The anticipated revenue to the department from the new fees is $200,000 to $240,000 a year, said Dan Suffoletto, a spokesman for Public Health.

Some business leaders are skeptical.

Jim Bowman, chairman of the Dayton Region Manufacturers Association, said the fee increase would particularly impact small manufacturers, which feel fee increases in their small budgets.

“To a 30-person manufacturing organization, it’s difficult to absorb that impact,” he said.

Bowman, also chief operating officer at Rack Processing Co. in Moraine, said another challenge is that if fees increase in Montgomery County, that can make it more difficult for industry to compete with outside communities with lower fees.

A Dayton Area Chamber of Commerce officer, Stephanie Precht, the chamber’s director of public policy and economic development, expressed misgivings about the proposal in an Aug. 2 meeting.

“There are numerous businesses that will struggle with these unanticipated costs,” Precht testified.

“The bottom line is that RAPCA needs to more strategically engage the business community in these discussions,” said Chris Kershner, vice president of public policy and economic development for the chamber “Their proposed fee increases would significantly impact a number of businesses. It would be wise to delay the consideration of these increases and engage the business community.”

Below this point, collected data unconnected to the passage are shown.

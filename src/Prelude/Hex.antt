-- ===== src/Prelude/Hex.antt =====
-- Reading a number in base 16 back, and what it says of the texts of two numbers.
use Prim.Native.Nat.{ℕ, zero, suc, ◌+◌, ◌*◌, ◌/◌, ◌%◌, ◌-◌, ◌^◌, ◌<◌}
use Prim.Native.Nat.pow
use Prim.Native.Char.{code}
use Prim.Native.String.{String, ◌++◌}
use mathlib.Core.Option.{none, some}
use mathlib.Core.List.{List, [], ◌∷◌}
use mathlib.Core.Path.{◌≡◌, refl}
use mathlib.Core.Logic.{inl, inr}
use native.Mathlib.Omega.{arith}
use text.Mathlib.TextLemmas.{nil-append, cons-append}
use vihara.Prelude.Tests.{ltb, Bool-cases, if◌then◌else◌}
use vihara.Prelude.Lists.{length, get_elem?}
use vihara.Prelude.Text.{digits, hex_digit, hex_digits, format_hex}

-- the value of a digit from its code
abbrev digit_value : ℕ → ℕ
digit_value c = if ltb c 58 then c - 48 else c - 87

unfoldable pub parse_hex : ℕ → String → ℕ
parse_hex acc String.[] = acc
parse_hex acc (String.◌∷◌ c s) = parse_hex (acc * 16 + digit_value (code c)) s

parse_hex-append :
    (s : String) (acc : ℕ) (t : String) → parse_hex acc (s ++ t) ≡ parse_hex (parse_hex acc s) t
unfolding parse_hex
parse_hex-append String.[] acc t = rw nil-append refl
parse_hex-append (String.◌∷◌ c s) acc t =
    rw cons-append (parse_hex-append s (acc * 16 + digit_value (code c)) t)

-- The digits of a list stand for the numbers from `k` on.
abbrev Valued : List String → ℕ → Type 0
Valued [] k = Unit
Valued (s ∷ ss) k = ((acc : ℕ) → parse_hex acc s ≡ acc * 16 + k) × Valued ss (k + 1)

Valued-get_elem? :
    (ss : List String) (k d acc : ℕ)
    → d < length ss
    → Valued ss k
    → parse_hex acc (elim (get_elem? ss d) [ none ↦ "" | some s ↦ s ]) ≡ acc * 16 + (k + d)
Valued-get_elem? [] k d acc h v = ground arith
Valued-get_elem? (s ∷ ss) k zero acc h (v, vs) = omega (arith, v acc)
Valued-get_elem? (s ∷ ss) k (suc d) acc h (v, vs) =
    omega (arith, Valued-get_elem? ss (k + 1) d acc (omega arith) vs)

digits-Valued : Valued digits 0
unfolding parse_hex
digits-Valued = (
  λ _. refl,
  (
    λ _. refl,
    (
      λ _. refl,
      (
        λ _. refl,
        (
          λ _. refl,
          (
            λ _. refl,
            (
              λ _. refl,
              (
                λ _. refl,
                (
                  λ _. refl,
                  (
                    λ _. refl,
                    (
                      λ _. refl,
                      (λ _. refl, (λ _. refl, (λ _. refl, (λ _. refl, (λ _. refl, tt))))),
                    ),
                  ),
                ),
              ),
            ),
          ),
        ),
      ),
    ),
  ),
)

parse_hex-hex_digit : (acc d : ℕ) → d < 16 → parse_hex acc (hex_digit d) ≡ acc * 16 + d
parse_hex-hex_digit acc d h = omega (arith, Valued-get_elem? digits 0 d acc h digits-Valued)

pub parse_hex-hex_digits : (f n : ℕ) → n < 16 ^ f → parse_hex 0 (hex_digits f n) ≡ n
unfolding hex_digits parse_hex
parse_hex-hex_digits zero n h = omega (arith, h)
parse_hex-hex_digits (suc f) n h = elim (Bool-cases (ltb n 16)) [
  | inl one ↦ rw (one, if◌then◌else◌) (omega (arith, parse_hex-hex_digit 0 n (ground arith)))
  | inr more ↦
      let high = parse_hex-hex_digits f (n / 16) (omega (arith, h, pow.suc 16 f)) in
      rw (more, if◌then◌else◌)
        (rw (parse_hex-append (hex_digits f (n / 16)) 0 (hex_digit (n % 16)), high)
          (omega (arith, parse_hex-hex_digit (n / 16) (n % 16) (omega arith))))
]

-- A number that a uint64 holds is read back from its text in base 16.
pub parse_hex-format_hex : (n : ℕ) → n < 2 ^ 64 → parse_hex 0 (format_hex n) ≡ n
unfolding format_hex
parse_hex-format_hex n h = parse_hex-hex_digits 16 n h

RAPCA and Public Health oversee 631 facilities in the county, Suffoletto said. Generally, the larger and more complex the facility, the higher the possible fee, he said.

Suffoletto could not immediately say how much the new fee would cost other large local industrial sources, such as Fuyao Glass America or Cargill in Harrison Twp.

He said the Board of Health has reviewed the fee structure twice, and the proposal may get a final reading in October.

First, an information session for business owners likely to be affected by the fee is set for 2 p.m. Sept. 18, at the county’s Business Solutions Center, 1435 Cincinnati St., Dayton.

Suffoletto said the proposal does not directly affect the public. “Right now, we’re also accepting comments from the public, but it’s basically businesses,” he said.

A spokeswoman for DP&L did not immediately respond to questions about the proposed fees.